Townsend campaign says it is revitalized in debate aftermath

Staff claims victory, sees momentum

Ehrlich says opponent is `in meltdown'

GOP candidate `was set up'

Election 2002

September 28, 2002|By David Nitkin | David Nitkin,SUN STAFF

Democrat Kathleen Kennedy Townsend delivered a potent performance in Thursday's televised debate that her supporters hope will reinvigorate her campaign for governor.

Townsend and her staff entered the Carl J. Murphy Fine Arts Center at Morgan State University with chins hung low. Recent polls have her trailing Republican Robert L. Ehrlich Jr., albeit by a statistically insignificant margin. And some top Democrats around the state have been slow to endorse her.

But after a 90-minute encounter where Townsend unleashed well-timed one-liners at her opponent, Democratic campaign staffers emerged hopeful and re-energized.

"The heart gets very heavy when the press and your opponent are beating you over the head with a club every day," said Peter Hamm, a spokesman for Townsend. "When your candidate picks up an even bigger club and hammers your opponent to the ground, it's magic."

The debate aired live only on cable channels, opposite some of television's most popular programs, and was rebroadcast later on network affiliates. But partisans on both sides were abuzz yesterday as they dissected the outcome and disseminated their conclusions.

"The postmortems on this debate are going to bounce around the political echo chamber for a week or 10 days," said Blair Lee IV, a Montgomery County developer and longtime observer of Maryland politics. "The same way all of her gaffes and miscues followed her all summer, this puts wind in her sails."

Democrats were boasting that Townsend caught Ehrlich off balance from the outset, and that the congressman never recovered.

"They're still looking for the black box to find out what happened to him," said Montgomery County State's Attorney Douglas F. Gansler.

Republicans said a predisposed crowd at historically black Morgan State tilted the playing field. Ehrlich's family was booed as they entered the auditorium, and the congressman was shouted down before he could deliver an opening statement.

"Had the disruption not occurred in the beginning, he would have hit his groove a lot earlier," said Michael S. Steele, Ehrlich's running mate. "But he got knocked out of debate mode even before he said, `Hi, I'm Bob Ehrlich.' He was set up. It threw a monkey wrench in things."

Members of Ehrlich's own party could not bring themselves to declare him a winner. Steele, for example, said he thought both candidates won.

"I'm not making excuses. He did not perform up to what he's capable of," said Al Mendelsohn, vice chairman of the Baltimore County Republican Central Committee. "I've heard him debate where he sparkles. [Thursday] night, there was no sparkle."

The Townsend campaign has been searching for weeks for an issue or opportunity to provide traction.

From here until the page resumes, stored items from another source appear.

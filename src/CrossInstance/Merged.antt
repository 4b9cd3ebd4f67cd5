-- ===== src/CrossInstance/Merged.antt =====
-- The rows of an instance are found again in the merged ones.
use mcp_odoo.Prelude.{
  String, ◌≡◌, refl, ◌∙◌, ap, Bool, Bool-cases, false, none, some, List, [], ◌∷◌, ◌++◌, keep,
  str_eq, arith, eq_iff, eq_refl, inl, inr,
}
use mathlib.Core.Path.{subst}
use mcp_odoo.Prelude.Dict
use mcp_odoo.Prelude.Dict.{Dict}
use mcp_odoo.Prelude.Dict.Entries.{IsKeyed}
use mcp_odoo.Json.{Value, text, Fields, get_field}
use mcp_odoo.Json.Entries.{get_field-put_field}
use mcp_odoo.CrossInstance.{tag_row, tag_rows, tag_and_merge}

abbrev is_text : String → Value → Bool
is_text name (text s) = str_eq s name
is_text name v = false

-- whether a row is tagged with an instance
abbrev pub is_tagged : String → Fields → Bool
is_tagged name row = elim (get_field "_instance" row) [ none ↦ false | some v ↦ is_text name v ]

abbrev pub rows_of : String → Dict (List Fields) → List Fields
rows_of name results = elim (Dict.get name results) [ none ↦ [] | some rows ↦ rows ]

is_tagged-tag_row :
    (name other : String) (row : Fields) → is_tagged name (tag_row other row) ≡ str_eq other name
is_tagged-tag_row name other row =
    ground (arith, get_field-put_field "_instance" "_instance" (text other) row)

keep-append : (p : Fields → Bool) (xs ys : List Fields) → keep p (xs ++ ys) ≡ keep p xs ++ keep p ys
keep-append p [] ys = refl
keep-append p (x ∷ xs) ys = elim (Bool-cases (p x)) [
  | inl kept ↦ rw kept (ap (◌∷◌ x) (keep-append p xs ys))
  | inr left ↦ rw left (keep-append p xs ys)
]

append_empty : (xs : List Fields) → xs ++ [] ≡ xs
append_empty [] = refl
append_empty (x ∷ xs) = ap (◌∷◌ x) (append_empty xs)

module _ (name : String) where
  tagged_same :
      (rows : List Fields) → keep (is_tagged name) (tag_rows name rows) ≡ tag_rows name rows
  unfolding tag_rows
  tagged_same [] = refl
  tagged_same (row ∷ rows) =
      rw (is_tagged-tag_row name name row, eq_refl name)
        (ap (◌∷◌ (tag_row name row)) (tagged_same rows))

  tagged_other :
      (other : String) (rows : List Fields)
      → str_eq other name ≡ false
      → keep (is_tagged name) (tag_rows other rows) ≡ []
  unfolding tag_rows
  tagged_other other [] h = refl
  tagged_other other (row ∷ rows) h =
      rw (is_tagged-tag_row name other row, h) (tagged_other other rows h)

  tagged_absent :
      (results : Dict (List Fields))
      → Dict.get name results ≡ none
      → keep (is_tagged name) (tag_and_merge results) ≡ []
  unfolding tag_and_merge
  tagged_absent [] h = refl
  tagged_absent ((other, rows) ∷ results) h =
      let differs : str_eq other name ≡ false = ground (arith, h) in
      rw
        (
          keep-append (is_tagged name) (tag_rows other rows) (tag_and_merge results),
          tagged_other other rows differs,
        )
        (tagged_absent results (rw differs at h))

  -- Of the merged rows, those tagged with an instance are the rows of that instance, tagged, all of
  -- them and in their order.
  pub keep-tag_and_merge :
      (results : Dict (List Fields))
      → IsKeyed results
      → keep (is_tagged name) (tag_and_merge results) ≡ tag_rows name (rows_of name results)
  unfolding tag_and_merge tag_rows
  keep-tag_and_merge [] u = refl
  keep-tag_and_merge ((other, rows) ∷ results) u =
      keep-append (is_tagged name) (tag_rows other rows) (tag_and_merge results)
      ∙ elim (Bool-cases (str_eq other name)) [
        | inl same ↦
            let here = (eq_iff other name).0 same in
            rw (rows_of, same)
              (rw
                (
                  here,
                  tagged_same rows,
                  tagged_absent results (subst (λ n. Dict.get n results ≡ none) here u.0),
                )
                (append_empty (tag_rows name rows)))
        | inr differs ↦
            rw (tagged_other other rows differs, rows_of, differs) (keep-tag_and_merge results u.1)
      ]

The aura of invincibility that surrounded her bid last spring has eroded. Her choice of a white former Republican as a running mate alienated some African-Americans. Ehrlich bumper stickers have blossomed like dandelions on Maryland roads. Campaign staffers pointed fingers at one another as Ehrlich rose in the polls.

But Townsend supporters say their batteries are now recharged.

"It makes a difference whether people want to work until midnight or they're dying to go home at 8 p.m.," Hamm said.

It was never obvious that a debate would go her way. Townsend frequently comes across as tongue-tied in public, and polls show that many potential voters doubt her competency and leadership. It was Ehrlich -- not Townsend -- who was demanding debates.

"If she hasn't put to rest all of the questions about her capacity and her grasp of the issues, she's come pretty close," said Douglas Harris, a professor of political science at Loyola College.

Some Democrats now say they'd be surprised if Townsend accepts another debate, suggesting it would be hard for her to perform better.

But the win was not pretty.

The audience at Morgan State, packed with supporters from both sides, became a factor in the debate. A stern-looking Kweisi Mfume, president and chairman of the National Association for the Advancement of Colored People, took to the stage early on to urge decorum. (The organization's Baltimore branch sponsored the event.)

Ehrlich spokesman Paul Schurick said Ehrlich's truck, a Ford Expedition leased by the campaign, was plastered with Townsend bumper stickers during the debate.

"Listen, this is a campaign in meltdown over there," Ehrlich said yesterday. "You saw the anger and you saw the frustration last night. It's attack, attack, demonize, demagogue. This is an entitlement mentality now challenged. Guess what? The coronation is off track, big time."

An upbeat Townsend relished her performance yesterday, saying her opponent did more "kvetching and complaining" than offering solutions to the state's problems. She said Ehrlich's addressing her as "ma'am" was "condescending."

"He talked down to me," she said.

Fresh off its success, the Townsend campaign issued a statement yesterday calling for a debate between the running mates, Democrat Charles R. Larson, a retired admiral, and Steele, the former state GOP chairman.

Townsend also repeated her desire for a second debate with Ehrlich, and said her preference would be an appearance at Maryland Public Television with no live audience.

Sun staff writer Howard Libit contributed to this article.